WORK REQUEST
Transcribe exactly the line that contains "m == message_id) a.message_references" and every line after it through the end of the records, with nothing else.

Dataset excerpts
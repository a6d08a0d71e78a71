-- ===== src/Signals/Lifecycle.antt =====
-- The life of a route's assembly of a signal: `mark_generation_submitted`, `_completed`, `_failed`
-- and `_expired` of src/app/domains/copy_trading/generations.py, and `_resolve_opening_generation`,
-- `expire_signal_threads` and `_handle_deleted_message` of workers.py.
-- Activities are left out.
use signalsync_be.Base.{
  ℕ, suc, Bool, true, false, not, ◌&&◌, Option, none, some, List, [], ◌∷◌, leb, ◌==◌, any, is_empty,
  if◌then◌else◌,
}

pub data RouteAssemblyState : Type 0 where
  assembling ready executing completed expired skipped failed : RouteAssemblyState

-- The states of a conversation and of its older thread.
pub data SignalConversationState : Type 0 where
  in_progress done timed_out ambiguous : SignalConversationState

-- `REQUIRED_DETAILS_TIMEOUT`, or another text.
pub data TerminalReason : Type 0 where
  required_details_timeout : TerminalReason
  other_reason : ℕ → TerminalReason

pub record RouteSignalAssembly : Type 0 where
  pub conversation_id : ℕ
  pub route_id : ℕ
  pub state : RouteAssemblyState
  pub message_references : List ℕ
  pub opening_intent_id : Option ℕ
  pub terminal_reason : Option TerminalReason
  pub assembly_deadline : ℕ
  pub accepted_at : Option ℕ
  pub completed_at : Option ℕ

-- `legacy_state` is the state of the thread that `legacy_thread_id` names, none where it is gone.
pub record SignalConversation : Type 0 where
  pub id : ℕ
  pub source_id : ℕ
  pub state : SignalConversationState
  pub legacy_state : Option SignalConversationState

pub record SignalTables : Type 0 where
  pub assemblies : List RouteSignalAssembly
  pub conversations : List SignalConversation

abbrev pub first_intent : Option ℕ → ℕ → Option ℕ
first_intent none intent_id = some intent_id
first_intent (some first) intent_id = some first

abbrev pub mark_generation_submitted : RouteSignalAssembly → ℕ → ℕ → RouteSignalAssembly
mark_generation_submitted assembly intent_id now = record assembly {
  state = executing;
  opening_intent_id = first_intent assembly.opening_intent_id intent_id;
  accepted_at = some now;
  completed_at = none;
  terminal_reason = none;
}

abbrev pub mark_generation_completed : RouteSignalAssembly → ℕ → RouteSignalAssembly
mark_generation_completed assembly now = record assembly {
  state = completed;
  completed_at = some now;
  terminal_reason = none;
}

abbrev pub mark_generation_failed : RouteSignalAssembly → TerminalReason → ℕ → RouteSignalAssembly
mark_generation_failed assembly reason now = record assembly {
  state = failed;
  completed_at = some now;
  terminal_reason = some reason;
}

abbrev pub mark_generation_expired : RouteSignalAssembly → TerminalReason → ℕ → RouteSignalAssembly
mark_generation_expired assembly reason now = record assembly {
  state = expired;
  completed_at = some now;
  terminal_reason = some reason;
}

abbrev pub is_assembling : RouteAssemblyState → Bool
is_assembling assembling = true
is_assembling _ = false

-- `state in [assembling, ready]`
abbrev pub is_before_execution : RouteAssemblyState → Bool
is_before_execution assembling = true
is_before_execution ready = true
is_before_execution _ = false

-- `state in [assembling, ready, executing]`
abbrev pub is_still_active : RouteAssemblyState → Bool
is_still_active assembling = true
is_still_active ready = true
is_still_active executing = true
is_still_active _ = false

-- `_resolve_opening_generation` on the assembly of the action: whether the action opens a trade, the
-- reason of a failure, and for each intent of the action, if any is found, and for the given one,
-- whether it is confirmed.
pub resolve_opening_generation :
    Bool → Option TerminalReason → List Bool → Bool → ℕ → RouteSignalAssembly → RouteSignalAssembly
resolve_opening_generation false failure siblings own now assembly = assembly
resolve_opening_generation true (some reason) siblings own now assembly =
    mark_generation_failed assembly reason now
resolve_opening_generation true none siblings own now assembly =
    if any (λ confirmed. not confirmed) (if is_empty siblings then own ∷ [] else siblings)
    then assembly
    else mark_generation_completed assembly now

unfoldable pub is_overdue : ℕ → RouteSignalAssembly → Bool
is_overdue now assembly = is_assembling assembly.state && leb assembly.assembly_deadline now

unfoldable pub expire_overdue : ℕ → List RouteSignalAssembly → List RouteSignalAssembly
unfolding is_overdue
expire_overdue now [] = []
expire_overdue now (a ∷ assemblies) =
    let rest = expire_overdue now assemblies in
    if is_overdue now a
    then mark_generation_expired a required_details_timeout now ∷ rest
    else a ∷ rest

abbrev pub has_overdue : ℕ → ℕ → List RouteSignalAssembly → Bool
has_overdue now id assemblies = any (λ a. is_overdue now a && a.conversation_id == id) assemblies

abbrev pub has_active : ℕ → List RouteSignalAssembly → Bool
has_active id assemblies = any (λ a. a.conversation_id == id && is_still_active a.state) assemblies

abbrev pub if_there :
    Option SignalConversationState → SignalConversationState → Option SignalConversationState
if_there none state = none
if_there (some _) state = some state

abbrev pub end_conversation : SignalConversation → SignalConversation
end_conversation c = record c {
  state = timed_out;
  legacy_state = if_there c.legacy_state timed_out;
}

-- The conversations of expired assemblies end, unless one of their assemblies goes on.
unfoldable pub end_conversations :
    ℕ
    → List RouteSignalAssembly
    → List RouteSignalAssembly
    → List SignalConversation
    → List SignalConversation
unfolding is_overdue
end_conversations now before after [] = []
end_conversations now before after (c ∷ conversations) =
    let rest = end_conversations now before after conversations in
    if has_overdue now c.id before && not (has_active c.id after)
    then end_conversation c ∷ rest
    else c ∷ rest

unfoldable pub count_overdue : ℕ → List RouteSignalAssembly → ℕ
unfolding is_overdue
count_overdue now [] = 0
count_overdue now (a ∷ assemblies) =
    let rest = count_overdue now assemblies in if is_overdue now a then suc rest else rest

unfoldable pub expire_signal_threads : ℕ → SignalTables → ℕ × SignalTables
unfolding expire_overdue end_conversations count_overdue
expire_signal_threads now tables =
    let after = expire_overdue now tables.assemblies in
    (
      count_overdue now tables.assemblies,
      record {
        assemblies = after;
        conversations = end_conversations now tables.assemblies after tables.conversations;
      },
    )

abbrev pub of_source : ℕ → ℕ → List SignalConversation → Bool
of_source source_id id conversations =
    any (λ c. c.id == id && c.source_id == source_id) conversations

-- `_handle_deleted_message`: a deleted message ends the assemblies that refer to it and wait, for
-- the routes that exist.
pub handle_deleted_message :
    ℕ
    → ℕ
    → (ℕ → Bool)
    → List SignalConversation
    → List RouteSignalAssembly
    → List RouteSignalAssembly
handle_deleted_message source_id message_id route_exists conversations [] = []
handle_deleted_message source_id message_id route_exists conversations (a ∷ assemblies) =
    let rest = handle_deleted_message source_id message_id route_exists conversations assemblies in
    if of_source source_id a.conversation_id conversations
      && any (λ m. m == message_id) a.message_references
      && route_exists a.route_id
      && is_before_execution a.state
    then record a { state = expired } ∷ rest
    else a ∷ rest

EXERCISE ANSWER
      && any (λ m. m == message_id) a.message_references
      && route_exists a.route_id
      && is_before_execution a.state
    then record a { state = expired } ∷ rest
    else a ∷ rest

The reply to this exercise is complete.